Chevalley groups over Laurent polynomial rings

Let $G$ be a simply connected Chevalley–Demazure group scheme without $\mathrm{SL}_2$-factors. For any unital commutative ring $R$, we denote by $E(R)$ the standard elementary subgroup of $G(R)$, that is, the subgroup generated by the elementary root unipotent elements. Set $K_1^G(R)=G(R)/E(R)$. We prove that the natural map
$$ K_1^G(R[x_1^{\pm 1},\ldots,x_n^{\pm 1}])\to K_1^G\bigl(R((x_1))\ldots((x_n))\bigr) $$
is injective for any $n\ge 1$, if $R$ is either a Dedekind domain or a Noetherian ring that is geometrically regular over a Dedekind domain with perfect residue fields.
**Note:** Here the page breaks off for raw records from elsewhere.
-- ===== src/Net/Positions.antt =====
-- How `cs_playerAction` and `cs_useItemOn` of packets.c take the coordinates of a block from the 64
-- bits that the client sends.
use macintosh_craft.Base.{
  ℕ, ◌+◌, ◌-◌, ◌*◌, ◌/◌, ◌%◌, ◌^◌, ◌<◌, ◌≡◌, refl, ap, ◌∙◌, arith, List, ltb, if◌then◌else◌,
}
use macintosh_craft.Base.Int.{ℤ, pos, negsuc, wrap, ◌*ℤ◌, ◌≤ℤ◌, ◌<ℤ◌}
use macintosh_craft.Net.Words.{be64, read_all, read_all-be}
use macintosh_craft.Net.Packets.{packed_position}

-- The `int64_t` with the given bits, and its shifts. `>>` keeps the sign, and `<<` loses the bits
-- that leave the 64.
unfoldable pub i64_of_bits : ℕ → ℤ
i64_of_bits w = if ltb w (2 ^ 63) then pos w else negsuc (2 ^ 64 - 1 - w)

unfoldable pub shift_left : ℤ → ℕ → ℤ
shift_left a n = i64_of_bits (wrap (2 ^ 64) (a *ℤ pos (2 ^ n)))

unfoldable pub shift_right : ℤ → ℕ → ℤ
shift_right (pos k) n = pos (k / 2 ^ n)
shift_right (negsuc k) n = negsuc (k / 2 ^ n)

-- 26, 12 and 26 bits, each of which fits an `int`.
unfoldable pub position_of : ℤ → ℤ × ℤ × ℤ
position_of w =
    (shift_right w 38, shift_right (shift_left w 52) 52, shift_right (shift_left w 26) 38)

-- From the eight bytes.
unfoldable pub received_position : List ℕ → ℤ × ℤ × ℤ
received_position bytes = position_of (i64_of_bits (read_all bytes))

-- The signed number of `2 * m` values with the given remainder.
abbrev signed : ℕ → ℕ → ℤ
signed m a = if ltb a m then pos a else negsuc (2 * m - 1 - a)

signed-wrap_26 :
    (x : ℤ) → negsuc (2 ^ 25 - 1) ≤ℤ x → x <ℤ pos (2 ^ 25) → signed (2 ^ 25) (wrap (2 ^ 26) x) ≡ x
unfolding wrap
signed-wrap_26 x h l = ground arith

signed-wrap_12 :
    (x : ℤ) → negsuc (2 ^ 11 - 1) ≤ℤ x → x <ℤ pos (2 ^ 11) → signed (2 ^ 11) (wrap (2 ^ 12) x) ≡ x
unfolding wrap
signed-wrap_12 x h l = ground arith

high_bits :
    (a c b : ℕ)
    → a < 2 ^ 26
    → c < 2 ^ 26
    → b < 2 ^ 12
    → shift_right (i64_of_bits (a * 2 ^ 38 + c * 2 ^ 12 + b)) 38 ≡ signed (2 ^ 25) a
unfolding shift_right i64_of_bits
high_bits a c b h k l = ground arith

middle_bits :
    (w : ℕ)
    → w < 2 ^ 64
    → shift_right (shift_left (i64_of_bits w) 26) 38 ≡ signed (2 ^ 25) (w / 2 ^ 12 % 2 ^ 26)
unfolding shift_right shift_left i64_of_bits wrap ◌*ℤ◌
middle_bits w h = ground arith

low_bits :
    (w : ℕ)
    → w < 2 ^ 64
    → shift_right (shift_left (i64_of_bits w) 52) 52 ≡ signed (2 ^ 11) (w % 2 ^ 12)
unfolding shift_right shift_left i64_of_bits wrap ◌*ℤ◌
low_bits w h = ground arith

wrap-lt : (m : ℕ) (x : ℤ) → 0 < m → wrap m x < m
unfolding wrap
wrap-lt m (pos n) h = ground arith
wrap-lt m (negsuc n) h = omega arith

-- The coordinates of a block, packed the way packets carry them and written as eight bytes, are
-- what is taken from these bytes, if x and z fit 26 bits and y fits 12, negative ones included.
pub received_position-be64 :
    (x y z : ℤ)
    → (negsuc (2 ^ 25 - 1) ≤ℤ x) × (x <ℤ pos (2 ^ 25))
    → (negsuc (2 ^ 11 - 1) ≤ℤ y) × (y <ℤ pos (2 ^ 11))
    → (negsuc (2 ^ 25 - 1) ≤ℤ z) × (z <ℤ pos (2 ^ 25))
    → received_position (be64 (packed_position x y z)) ≡ (x, y, z)
unfolding received_position position_of packed_position
received_position-be64 x y z (h, h') (k, k') (l, l') =
    let a = wrap (2 ^ 26) x in
    let b = wrap (2 ^ 12) y in
    let c = wrap (2 ^ 26) z in
    let a_low = wrap-lt (2 ^ 26) x (omega arith) in
    let b_low = wrap-lt (2 ^ 12) y (omega arith) in
    let c_low = wrap-lt (2 ^ 26) z (omega arith) in
    let w : ℕ = a * 2 ^ 38 + c * 2 ^ 12 + b in
    let small : w < 2 ^ 64 = omega arith in
    let (_, _, read) = read_all-be w in
    let same : read_all (be64 w) ≡ w = omega arith in
    let middle : w / 2 ^ 12 % 2 ^ 26 ≡ c = omega arith in
    let low : w % 2 ^ 12 ≡ b = omega arith in
    let x_read = high_bits a c b a_low c_low b_low ∙ signed-wrap_26 x h h' in
    let y_read = low_bits w small ∙ ap (signed (2 ^ 11)) low ∙ signed-wrap_12 y k k' in
    let z_read = middle_bits w small ∙ ap (signed (2 ^ 25)) middle ∙ signed-wrap_26 z l l' in
    rw (same, x_read, y_read, z_read) refl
For $n=1$ this map is also an isomorphism. As a consequence, we show that if $D$ is a PID such that $SL_2(D)=E_2(D)$ (e. g. $D=\mathbb{Z}$), then
$$ G(D[x_1^{\pm 1},\ldots,x_n^{\pm 1}])=E(D[x_1^{\pm 1},\ldots,x_n^{\pm 1}]). $$
This extends earlier results for special linear and symplectic groups due to A. A. Suslin and V. I. Kopeiko.